The interbank exchange rate in Bangladesh surged to Tk111 a dollar, marking a steady rise amid the ongoing dollar crisis on the country’s financial market.
The crisis has resulted in a significant depreciation of the taka over the past two years.
The exchange rate was Tk96 a dollar in September 2022 and Tk85.5 a dollar in September 2021.
However, a number of banks found collecting remittance at as high as Tk114-117 a dollar while the dollars are selling at Tk119-121 each on the open market.
The ongoing dollar crisis is attributed to several factors, including a substantial gap between the supply of and demand for dollars within the country.
The depletion of foreign exchange reserves, coupled with a sluggish inflow of remittances and export earnings, is exacerbating the imbalance in the foreign exchange market.
Furthermore, the prevalence of the informal ‘hundi’ market, where illegal currency trading takes place, is playing a significant role in intensifying the crisis.
To stabilize the foreign exchange market, the central bank has divested over $25 billion from its reserves in the past 27 months.
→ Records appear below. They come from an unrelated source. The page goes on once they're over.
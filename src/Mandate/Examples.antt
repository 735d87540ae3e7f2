-- ===== src/Mandate/Examples.antt =====
-- Concrete runs of the mandate verifier.
use cortxt.Prelude.{ℕ, ◌≡◌, ◌≢◌, ◌↔◌, refl, true, false, [], ◌∷◌}
use cortxt.Value.{Value, Fields, arr, obj, nil, end, field, get}
use cortxt.Mandate.Check.{Outcome, raised, ok, Services}
use cortxt.Value.{same_keys}
use cortxt.Mandate.Timestamp.{parse_utc}
use cortxt.Mandate.Envelope.{
  schema_hashable, schema_known, known_issuer, known_kid, signature_valid, tool_allowed,
  data_class_order, max_rank, max_runtime, runtime_within, cap_overflows, budget_cap, issue_matches,
  fingerprint_matches,
}
use cortxt.Mandate.Verify.{
  verify_fields, authenticate, identify, consume_nonce, authorize, check_scope, debit_budget,
  check_binding,
}
use cortxt.Mandate.Verify.Soundness.{IsGranted, is_accepted, accepted-IsGranted}
use cortxt.Mandate.Verify.Effects.{unauthentic_raises, unauthentic_consumes_nothing}
use cortxt.Mandate.Verify.Replay.{IsReplayRegister, call, world, play, nonce_accepted_once}
use cortxt.Mandate.Disk.{ask_revoked, consume, record_debit, nonce_used}
use cortxt.Mandate.Disk.Register.{disk-IsReplayRegister}
use cortxt.Mandate.Nonces.{check_and_consume}
use cortxt.Mandate.Budgets.{record_and_check}
use cortxt.Mandate.Revocation.{
  is_revoked, refresh, reload, install, validate, add_record, answer, find, open_store,
}
use cortxt.Mandate.Samples.{whole, config, start, envelope, run_call}
use cortxt.Mandate.Verify.{Call, verify_mandate}
use cortxt.Mandate.Disk.{Disk, disk_services}

abbrev services : Services ℕ (Disk whole)
services = disk_services whole config

-- one call; the line opens everything that a call computes with
run : Call ℕ → Value ℕ → Disk whole → Outcome × Disk whole
unfolding verify_mandate verify_fields authenticate identify consume_nonce authorize check_scope
    debit_budget check_binding ask_revoked consume record_debit is_revoked refresh reload install
    validate add_record answer find open_store check_and_consume record_and_check schema_hashable
    schema_known known_issuer known_kid signature_valid tool_allowed data_class_order max_rank
    max_runtime runtime_within cap_overflows budget_cap issue_matches fingerprint_matches parse_utc
    same_keys get
run = verify_mandate whole services

first_accepted :
    is_accepted whole services
      (verify_mandate whole services run_call (obj (envelope "n1")) start).0
    ≡ true
unfolding run
first_accepted = refl

accepted-IsGranted_example :
    (d : Fields ℕ) × (obj (envelope "n1") ≡ obj d)
    × IsGranted whole services run_call d start
        (verify_mandate whole services run_call (obj (envelope "n1")) start).1
accepted-IsGranted_example =
    accepted-IsGranted whole services run_call (obj (envelope "n1")) start first_accepted

nonce_accepted_once_example :
    is_accepted whole services
      (verify_mandate whole services run_call (obj (envelope "n1")) (
        play whole services
          (nonce_used whole)
          (disk-IsReplayRegister whole config)
          (world (λ s. record s { now = 125 }) ∷ call run_call (obj (envelope "n2")) ∷ [])
          (verify_mandate whole services run_call (obj (envelope "n1")) start).1)).0
    ≡ false
unfolding get
nonce_accepted_once_example =
    nonce_accepted_once whole services (nonce_used whole) (disk-IsReplayRegister whole config)
      run_call run_call (envelope "n1") (envelope "n1") "n1"
      (world (λ s. record s { now = 125 }) ∷ call run_call (obj (envelope "n2")) ∷ []) start refl
      refl ((λ s h. h), (tt, tt)) first_accepted

disk-IsReplayRegister_example : IsReplayRegister services (nonce_used whole)
disk-IsReplayRegister_example = disk-IsReplayRegister whole config

-- the version is a list
abbrev bad_version : Fields ℕ
bad_version = field "schema_version" (arr nil) end

bad_version_fails : (authenticate whole services run_call bad_version start).0 ≢ ok tt
unfolding run
bad_version_fails = λ e. cc

unauthentic_raises_example :
    ((verify_mandate whole services run_call (obj bad_version) start).0 ≡ raised)
    ↔ (schema_hashable whole bad_version ≡ false)
unauthentic_raises_example =
    unauthentic_raises whole services run_call bad_version start bad_version_fails

unauthentic_consumes_nothing_example :
    (verify_mandate whole services run_call (obj bad_version) start).1.nonce_file ≡ start.nonce_file
unfolding ask_revoked
unauthentic_consumes_nothing_example =
    unauthentic_consumes_nothing whole services (λ s. s.nonce_file) run_call bad_version start
      (λ g k t s. refl) bad_version_fails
This includes $4.25 billion allocated to banks in the period of July-October of the current financial year 2023-24, $13.5 billion in FY23, and $7.62 billion in FY22.
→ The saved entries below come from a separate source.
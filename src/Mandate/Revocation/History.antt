-- ===== src/Mandate/Revocation/History.antt =====
-- What no sequence of snapshots can undo: the entries and the generation of a revocation store.
use cortxt.Prelude.{
  ℕ, ◌≤◌, ◌≡◌, Bool, true, false, Option, none, some, List, [], ◌∷◌, arith, eq_iff, Bool-cases, inl,
  inr,
}
use cortxt.Platform.{Platform, Time}
use cortxt.Mandate.Revocation.{
  Identity, Entries, same_identity, find, retains, Config, Store, Snapshot, install, reload,
  refresh, answer, is_revoked, Query, ask, after,
}

same_identity-eq : (i j : Identity) → same_identity i j ≡ true → i ≡ j
same_identity-eq (a, b) (c, d) h = ground (arith, eq_iff a c, eq_iff b d)

retains-find :
    (i : Identity) (t : Time) (old new : Entries)
    → retains old new ≡ true
    → find i old ≡ some t
    → find i new ≡ some t
unfolding retains find
retains-find i t [] new r f = cc
retains-find i t ((j, u) ∷ old) new r f =
    ground (arith, same_identity-eq j i, retains-find i t old new)

abbrev Extends : Store → Store → Type 0
Extends s s' = (i : Identity) (t : Time) → find i s.entries ≡ some t → find i s'.entries ≡ some t

install-Extends :
    (p : Platform) (now : Time) (m : ℕ × ℕ) (c : ℕ × Entries) (s : Store)
    → Extends s (install p now m c s)
unfolding install
install-Extends p now m (g, entries) s i t f = elim (Bool-cases (retains s.entries entries)) [
  | inl e ↦ ground (arith, retains-find i t s.entries entries)
  | inr e ↦ ground arith
]

reload-Extends :
    (p : Platform) (force : Bool) (now : Time) (file : Snapshot p.Float) (s : Store)
    → Extends s (reload p force now file s)
unfolding reload
reload-Extends p force now file s i t f =
    grind (arith, λ (m : ℕ × ℕ) (c : ℕ × Entries). install-Extends p now m c s i t)

refresh-Extends :
    (p : Platform) (config : Config) (force : Bool) (now : Time) (file : Snapshot p.Float)
    (s : Store)
    → Extends s (refresh p config force now file s)
unfolding refresh
refresh-Extends p config force now file s i t f =
    ground (arith, reload-Extends p force now file (record s { last_check_at = some now }) i t)

ask-Extends :
    (p : Platform) (config : Config) (q : Query p) (s : Store) → Extends s (ask p config q s).1
unfolding is_revoked
ask-Extends p config q s = refresh-Extends p config false q.refreshed q.file s

after-Extends :
    (p : Platform) (config : Config) (queries : List (Query p)) (s : Store)
    → Extends s (after p config queries s)
unfolding after
after-Extends p config [] s i t f = f
after-Extends p config (q ∷ queries) s i t f =
    after-Extends p config queries (ask p config q s).1 i t (ask-Extends p config q s i t f)

-- Once an identity has a revocation time, every later question about it at that time or after is
-- answered True, whatever snapshots were published in between and whatever the clock reads.
pub revoked_forever :
    (p : Platform) (config : Config) (queries : List (Query p)) (s : Store) (q : Query p) (t : Time)
    → find q.identity s.entries ≡ some t
    → t ≤ q.at
    → (ask p config q (after p config queries s)).0 ≡ true
unfolding is_revoked answer
revoked_forever p config queries s q t f h =
    let s' = after p config queries s in
    ground (
      arith,
      ask-Extends p config q s' q.identity t (after-Extends p config queries s q.identity t f),
    )

-- a store that has read no snapshot counts as generation 0
abbrev pub floor : Option ℕ → ℕ
floor none = 0
floor (some g) = g

install-generation :
    (p : Platform) (now : Time) (m : ℕ × ℕ) (c : ℕ × Entries) (s : Store)
    → floor s.generation ≤ floor (install p now m c s).generation
unfolding install
install-generation p now m (g, entries) s = ground arith

reload-generation :
    (p : Platform) (force : Bool) (now : Time) (file : Snapshot p.Float) (s : Store)
    → floor s.generation ≤ floor (reload p force now file s).generation
unfolding reload
reload-generation p force now file s =
    grind (arith, λ (m : ℕ × ℕ) (c : ℕ × Entries). install-generation p now m c s)

ask-generation :
    (p : Platform) (config : Config) (q : Query p) (s : Store)
    → floor s.generation ≤ floor (ask p config q s).1.generation
unfolding is_revoked refresh
ask-generation p config q s = ground (
  arith,
  reload-generation p false q.refreshed q.file (record s { last_check_at = some q.refreshed }),
)

-- The generation that a store has read never falls, whatever questions are asked and whatever
-- snapshots are published in between.
generation_grows :
    (p : Platform) (config : Config) (queries : List (Query p)) (s : Store)
    → floor s.generation ≤ floor (after p config queries s).generation
unfolding after
generation_grows p config [] s = omega arith
generation_grows p config (q ∷ queries) s =
    omega
      (arith, ask-generation p config q s, generation_grows p config queries (ask p config q s).1)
The dollar sales had unintended consequence of reducing the foreign reserve of the BB, while also mopping up local currency, which created another problem — a liquidity crisis in the banking sector.
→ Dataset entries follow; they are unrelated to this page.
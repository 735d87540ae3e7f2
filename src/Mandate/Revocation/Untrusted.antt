-- ===== src/Mandate/Revocation/Untrusted.antt =====
-- A revocation store denies while it cannot trust what the operator published.
use cortxt.Prelude.{ℕ, ◌≡◌, true, false, none, some, arith}
use cortxt.Platform.{Platform, Time}
use cortxt.Mandate.Revocation.{
  Entries, retains, Config, Store, Snapshot, install, reload, refresh, answer, is_revoked, Query,
  ask, same_metadata, validated, rolls_back, too_soon,
}

module _ (p : Platform) where
  -- The file is not the one that was installed last, and it cannot be read, is not valid, rolls
  -- the generation back, or drops or changes a revocation.
  pub data IsUntrusted (file : Snapshot p.Float) (s : Store) : Type 0 where
    gone : file.stat ≡ none → IsUntrusted file s
    invalid_content :
        (m : ℕ × ℕ)
        → file.stat ≡ some m
        → same_metadata p s.metadata m ≡ false
        → validated p file.content ≡ none
        → IsUntrusted file s
    rolled_back :
        (m : ℕ × ℕ) (g : ℕ) (entries : Entries)
        → file.stat ≡ some m
        → same_metadata p s.metadata m ≡ false
        → validated p file.content ≡ some (g, entries)
        → rolls_back p s.generation g ≡ true
        → IsUntrusted file s
    removed :
        (m : ℕ × ℕ) (g : ℕ) (entries : Entries)
        → file.stat ≡ some m
        → same_metadata p s.metadata m ≡ false
        → validated p file.content ≡ some (g, entries)
        → retains s.entries entries ≡ false
        → IsUntrusted file s

  reload_untrusted :
      (now : Time) (file : Snapshot p.Float) (s : Store)
      → IsUntrusted file s
      → reload p false now file s ≡ record s { invalid_newer = true }
  unfolding reload install
  reload_untrusted now file s (gone e) = ground arith
  reload_untrusted now file s (invalid_content m e d v) = ground arith
  reload_untrusted now file s (rolled_back m g entries e d v b) = ground arith
  reload_untrusted now file s (removed m g entries e d v b) = ground arith

  IsUntrusted-checked :
      (now : Time) (file : Snapshot p.Float) (s : Store)
      → IsUntrusted file s
      → IsUntrusted file (record s { last_check_at = some now })
  IsUntrusted-checked now file s (gone e) = gone e
  IsUntrusted-checked now file s (invalid_content m e d v) = invalid_content m e d v
  IsUntrusted-checked now file s (rolled_back m g entries e d v b) = rolled_back m g entries e d v b
  IsUntrusted-checked now file s (removed m g entries e d v b) = removed m g entries e d v b

  -- Where a check is due and the file is not to be trusted, every key is answered as revoked, and
  -- the entries and the generation stay those of the last valid snapshot.
  pub untrusted_denies :
      (config : Config) (q : Query p) (s : Store)
      → too_soon p config q.refreshed s.last_check_at ≡ false
      → IsUntrusted q.file s
      → ((ask p config q s).0 ≡ true)
        × ((ask p config q s).1.entries ≡ s.entries)
        × ((ask p config q s).1.generation ≡ s.generation)
  unfolding is_revoked refresh answer
  untrusted_denies config q s due u = ground (
    arith,
    reload_untrusted q.refreshed q.file (record s { last_check_at = some q.refreshed })
        (IsUntrusted-checked q.refreshed q.file s u),
  )
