-- ===== src/Mandate/StoreExamples.antt =====
-- Concrete runs of the budget register and the revocation store.
use cortxt.Prelude.{ℕ, ◌≡◌, refl, true, false, none, some, List, [], ◌∷◌, arith}
use cortxt.Platform.{Time}
use cortxt.Mandate.Timestamp.{parse_utc}
use cortxt.Mandate.Budgets as Budgets
use cortxt.Mandate.Budgets.{
  Debit, BudgetFile, balance, charge, debited, record_and_check, record_all,
}
use cortxt.Mandate.Budgets.Totals.{verdict-record_all}
use cortxt.Mandate.Revocation as Revocation
use cortxt.Mandate.Revocation.{
  Query, Snapshot, ask, after, find, open_store, refresh, reload, install, validate, add_record,
}
use cortxt.Mandate.Revocation.History.{revoked_forever}
use cortxt.Mandate.Revocation.Untrusted.{gone, untrusted_denies}
use cortxt.Mandate.Samples.{whole, config, snapshot}

abbrev debits : List (Debit whole)
debits =
    record { mandate_id = some "m1"; cost = 7; cap = 10 }
    ∷ record { mandate_id = some "m2"; cost = 3; cap = 10 }
    ∷ record { mandate_id = some "m1"; cost = 5; cap = 10 }
    ∷ []

-- the second debit of m1 is refused, and counts
refused : (record_all whole debits Budgets.missing).0 ≡ true ∷ true ∷ false ∷ []
unfolding record_all record_and_check
refused = refl

verdict-record_all_example :
    (record_and_check whole (some "m1") 1 12 (record_all whole debits Budgets.missing).1).0
    ≡ whole.le_float
        (whole.add
          (debited whole "m1" (balance whole "m1" Budgets.missing) debits)
          (charge whole 1))
        12
verdict-record_all_example = verdict-record_all whole "m1" debits 1 12 Budgets.missing refl

abbrev opened : Revocation.Store
opened = open_store whole config 100 snapshot

abbrev no_file : Snapshot ℕ
no_file = record { stat = none; content = none }

abbrev question : Time → Query whole
question t = record { file = no_file; refreshed = t; now = t; identity = ("ops", "old"); at = t }

revoked_forever_example :
    (ask whole config (question 700) (after whole config (question 600 ∷ []) opened)).0 ≡ true
unfolding open_store refresh reload install validate add_record find parse_utc
revoked_forever_example =
    revoked_forever whole config (question 600 ∷ []) opened (question 700) 500 refl (omega arith)

untrusted_denies_example :
    ((ask whole config (question 120) opened).0 ≡ true)
    × ((ask whole config (question 120) opened).1.entries ≡ opened.entries)
    × ((ask whole config (question 120) opened).1.generation ≡ opened.generation)
unfolding open_store refresh reload install validate add_record parse_utc
untrusted_denies_example = untrusted_denies whole config (question 120) opened refl (gone refl)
The country’s foreign exchange reserve, according to International Monetary Fund guidelines, decreased to $20.66 billion on November 1.
The depletion in reserve is raising concerns for both the government and the central bank, as it may lead to potential fallout.
Starting from July, the Bangladesh Bank was selling foreign currency at the prevailing interbank market rates.
Due to the dollar crisis and currency depreciation, the government has been struggling to control inflation, prevent energy shortage and manage rising business costs.